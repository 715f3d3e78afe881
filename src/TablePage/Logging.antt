-- ===== src/TablePage/Logging.antt =====
-- The log calls of storage/access/table_page.go: they return on a ready manager, and the page number
-- and the LSN are all that they can change on the page.
use samehada_db.Base.{ℕ, ◌+◌, ◌*◌, ◌≤◌, returns, ◌≡◌, refl, arith, ◌⊎◌, inl, inr, ◌∙◌, Bool-cases}
use samehada_db.Ids.{Rid}
use samehada_db.Bytes.{le32}
use samehada_db.Bytes.Slices.{length-copy_at, get_or-copy_at}
use samehada_db.Txn.{Tuple}
use samehada_db.Log.{
  LogRecord, new_log_record_insert_delete, insert_type, mark_delete_type, apply_delete_type,
  rollback_delete_type,
}
use samehada_db.Log.Append.{IsReady, Fits, append_log_record_total}
use samehada_db.Page.{Page, copy_header, set_lsn}
use samehada_db.Page.Slots.{fsp_of, count_of, offset_of, size_of, IsPage}
use samehada_db.TablePage.{Env, write_log_record}
use samehada_db.TablePage.View.{IsUsed, IsSound, SameBody, word-SameBody}

pub SameBody-refl : {p : Page} → IsPage p → SameBody p p
SameBody-refl len = record { page = len; byte = λ j h. refl }

pub SameBody-set_lsn : (p : Page) (lsn : ℕ) → IsPage p → SameBody p (set_lsn p lsn)
unfolding set_lsn copy_header le32
SameBody-set_lsn p lsn len = record {
  page = length-copy_at 4 (le32 lsn) p.bytes ∙ len;
  byte = λ j h. ground (arith, get_or-copy_at 4 (le32 lsn) p.bytes j);
}

-- What a log call leaves: the settings and the locks, a ready manager, and the body of the page.
pub record Logged (e e' : Env) (p p' : Page) : Type 0 where
  pub same_logging : e'.logging ≡ e.logging
  pub same_locks : e'.locks ≡ e.locks
  pub same_sets :
      (e'.txn.shared_lock_set ≡ e.txn.shared_lock_set)
      × (e'.txn.exclusive_lock_set ≡ e.txn.exclusive_lock_set)
      × (e'.txn.state ≡ e.txn.state)
  pub ready : IsReady e'.log
  pub body : SameBody p p'

pub write_log_record_total :
    (e : Env) (p : Page) (r : LogRecord)
    → IsReady e.log
    → Fits r
    → IsPage p
    → (e' : Env) × (p' : Page) × (write_log_record e p r ≡ returns (e', p')) × Logged e e' p p'
unfolding write_log_record
write_log_record_total e p r c fits len = elim (Bool-cases e.logging) [
  | inr off ↦ (
    e,
    p,
    rw off,
    record {
      same_logging = refl;
      same_locks = refl;
      same_sets = (refl, refl, refl);
      ready = c;
      body = SameBody-refl len;
    },
  )
  | inl on ↦
      let (log, r', appended, done) = append_log_record_total e.log r c fits in
      (
        record e { log = log; txn = record (e.txn) { prev_lsn = r'.lsn } },
        set_lsn p r'.lsn,
        rw (on, appended),
        record {
          same_logging = refl;
          same_locks = refl;
          same_sets = (refl, refl, refl);
          ready = done.ready;
          body = SameBody-set_lsn p r'.lsn len;
        },
      )
]

pub Fits-insert_delete :
    (txn_id prev_lsn kind : ℕ) (rid : Rid) (tuple : Tuple)
    → (kind ≡ insert_type)
      ⊎ (kind ≡ apply_delete_type)
      ⊎ (kind ≡ mark_delete_type)
      ⊎ (kind ≡ rollback_delete_type)
    → tuple.size ≤ 4096
    → Fits (new_log_record_insert_delete txn_id prev_lsn kind rid tuple)
unfolding new_log_record_insert_delete
Fits-insert_delete txn_id prev_lsn kind rid tuple k h = record {
  exact = ground arith;
  small = ground arith;
}

module _ {p q : Page} (same : SameBody p q) where
  pub count-SameBody : count_of q ≡ count_of p
  count-SameBody = word-SameBody 20 same (omega arith)

  pub fsp-SameBody : fsp_of q ≡ fsp_of p
  fsp-SameBody = word-SameBody 16 same (omega arith)

  pub size-SameBody : (i : ℕ) → size_of q i ≡ size_of p i
  size-SameBody i = word-SameBody (28 + 8 * i) same (omega arith)

  pub offset-SameBody : (i : ℕ) → offset_of q i ≡ offset_of p i
  offset-SameBody i = word-SameBody (24 + 8 * i) same (omega arith)

  IsUsed-SameBody : {i : ℕ} → IsUsed q i → IsUsed p i
  IsUsed-SameBody {i} u = ground (arith, count-SameBody, size-SameBody i)

  pub IsSound-SameBody : IsSound p → IsSound q
  IsSound-SameBody s = record {
    page = same.page;
    slots_fit = omega (arith, count-SameBody, fsp-SameBody, s.slots_fit);
    pointer_fits = omega (arith, fsp-SameBody, s.pointer_fits);
    words = λ i h. ground (arith, s.words i, count-SameBody, size-SameBody i);
    nonempty = λ i u. ground (arith, s.nonempty i (IsUsed-SameBody u), size-SameBody i);
    inside = λ i u.
        ground
          (arith, s.inside i (IsUsed-SameBody u), fsp-SameBody, size-SameBody i, offset-SameBody i);
    apart = λ i j u v ne. ground (
      arith,
      s.apart i j (IsUsed-SameBody u) (IsUsed-SameBody v) ne,
      size-SameBody i,
      offset-SameBody i,
      size-SameBody j,
      offset-SameBody j,
    );
  }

* _Directions_
Identify each line in the entries with the word "returns" and copy it.

* _Result of the exercise_
use samehada_db.Base.{ℕ, ◌+◌, ◌*◌, ◌≤◌, returns, ◌≡◌, refl, arith, ◌⊎◌, inl, inr, ◌∙◌, Bool-cases}
    → (e' : Env) × (p' : Page) × (write_log_record e p r ≡ returns (e', p')) × Logged e e' p p'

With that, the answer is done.